> **Data provided**:
Start of Block

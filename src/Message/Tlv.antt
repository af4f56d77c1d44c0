-- ===== src/Message/Tlv.antt =====
-- ParseTLV of internal/smsc/utils.go: the optional parameters at the end of a PDU.
use smpp_smsc.Base.{
  ℕ, zero, suc, ◌/◌, ◌%◌, ◌≤◌, ◌<◌, ◌≡◌, refl, ap, false, List, [], ◌∷◌, ◌++◌, Bytes, nat_eq, ltb,
  leb, if◌then◌else◌, length, length-append, inl, inr, Bool-cases, take, drop, arith,
}
use smpp_smsc.Base.Maps.{insert}
use smpp_smsc.Base.Octets.{be16}

-- `fuel` is the number of bytes; a parameter that is cut off ends the loop.
unfoldable pub tlvs_from : ℕ → Bytes → List (ℕ × Bytes) → List (ℕ × Bytes)
tlvs_from zero octets tlvs = tlvs
tlvs_from (suc fuel) (a ∷ b ∷ c ∷ d ∷ rest) tlvs =
    let size = be16 c d in
    let later = tlvs_from fuel (drop size rest) (insert (be16 a b) (take size rest) tlvs) in
    if ltb (length rest) size then tlvs else later
tlvs_from (suc fuel) _ tlvs = tlvs

unfoldable pub parse_tlv : Bytes → ℕ → List (ℕ × Bytes)
unfolding tlvs_from
parse_tlv octets offset =
    if leb (length octets) offset then [] else tlvs_from (length octets) (drop offset octets) []

-- A parameter as SMPP 3.4 writes it: tag, length and value.
abbrev pub write_tlv : ℕ → Bytes → Bytes
write_tlv tag value = tag / 256 ∷ tag % 256 ∷ length value / 256 ∷ length value % 256 ∷ value

abbrev pub write_tlvs : List (ℕ × Bytes) → Bytes → Bytes
write_tlvs [] tail = tail
write_tlvs ((tag, value) ∷ tlvs) tail = write_tlv tag value ++ write_tlvs tlvs tail

abbrev pub store_tlvs : List (ℕ × Bytes) → List (ℕ × Bytes) → List (ℕ × Bytes)
store_tlvs [] m = m
store_tlvs ((tag, value) ∷ tlvs) m = store_tlvs tlvs (insert tag value m)

short_tail :
    (fuel : ℕ) (tail : Bytes) (m : List (ℕ × Bytes)) → length tail < 4 → tlvs_from fuel tail m ≡ m
unfolding tlvs_from
short_tail zero tail m h = refl
short_tail (suc fuel) [] m h = refl
short_tail (suc fuel) (a ∷ []) m h = refl
short_tail (suc fuel) (a ∷ b ∷ []) m h = refl
short_tail (suc fuel) (a ∷ b ∷ c ∷ []) m h = refl
short_tail (suc fuel) (a ∷ b ∷ c ∷ d ∷ r) m h = absurd (omega (arith, h))

take-append : (xs ys : Bytes) → take (length xs) (xs ++ ys) ≡ xs
take-append [] ys = refl
take-append (x ∷ xs) ys = ap (λ t. x ∷ t) (take-append xs ys)

drop-append : (xs ys : Bytes) → drop (length xs) (xs ++ ys) ≡ ys
drop-append [] ys = refl
drop-append (x ∷ xs) ys = drop-append xs ys

tlvs_from-write :
    (fuel : ℕ) (tlvs : List (ℕ × Bytes)) (tail : Bytes) (m : List (ℕ × Bytes))
    → length (write_tlvs tlvs tail) ≤ fuel
    → length tail < 4
    → tlvs_from fuel (write_tlvs tlvs tail) m ≡ store_tlvs tlvs m
unfolding tlvs_from
tlvs_from-write fuel [] tail m f h = short_tail fuel tail m h
tlvs_from-write zero ((tag, value) ∷ tlvs) tail m f h = absurd (omega (arith, f))
tlvs_from-write (suc fuel) ((tag, value) ∷ tlvs) tail m f h =
    let next = write_tlvs tlvs tail in
    let number : be16 (tag / 256) (tag % 256) ≡ tag = omega arith in
    let size : be16 (length value / 256) (length value % 256) ≡ length value = omega arith in
    let room : ltb (length (value ++ next)) (length value) ≡ false =
      ground (arith, length-append value next) in
    rw (number, size, room)
      (rw (take-append value next, drop-append value next)
        (tlvs_from-write fuel tlvs tail (insert tag value m)
          (omega (arith, f, length-append value next)) h))

-- ParseTLV reads back parameters as SMPP writes them, the last of those with one tag, and leaves out
-- up to three bytes at the end, which are too few for another.
pub parse_tlv-write :
    (tlvs : List (ℕ × Bytes)) (tail : Bytes)
    → length tail < 4
    → parse_tlv (write_tlvs tlvs tail) 0 ≡ store_tlvs tlvs []
unfolding parse_tlv
parse_tlv-write [] tail h = elim (Bool-cases (leb (length tail) 0)) [
  | inl e ↦ rw (e, parse_tlv) refl
  | inr e ↦ rw (e, parse_tlv) (short_tail (length tail) tail [] h)
]
parse_tlv-write ((tag, value) ∷ tlvs) tail h =
    let octets = write_tlvs ((tag, value) ∷ tlvs) tail in
    elim (Bool-cases (leb (length octets) 0)) [
      | inl e ↦ absurd (ground (arith, e))
      | inr e ↦
          rw (e, parse_tlv)
            (tlvs_from-write (length octets) ((tag, value) ∷ tlvs) tail [] (omega arith) h)
    ]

End of Block

> **Work request**: Using the records above, say how many lines contain the string "next"; offer no other text.

> **Solved exercise**: 5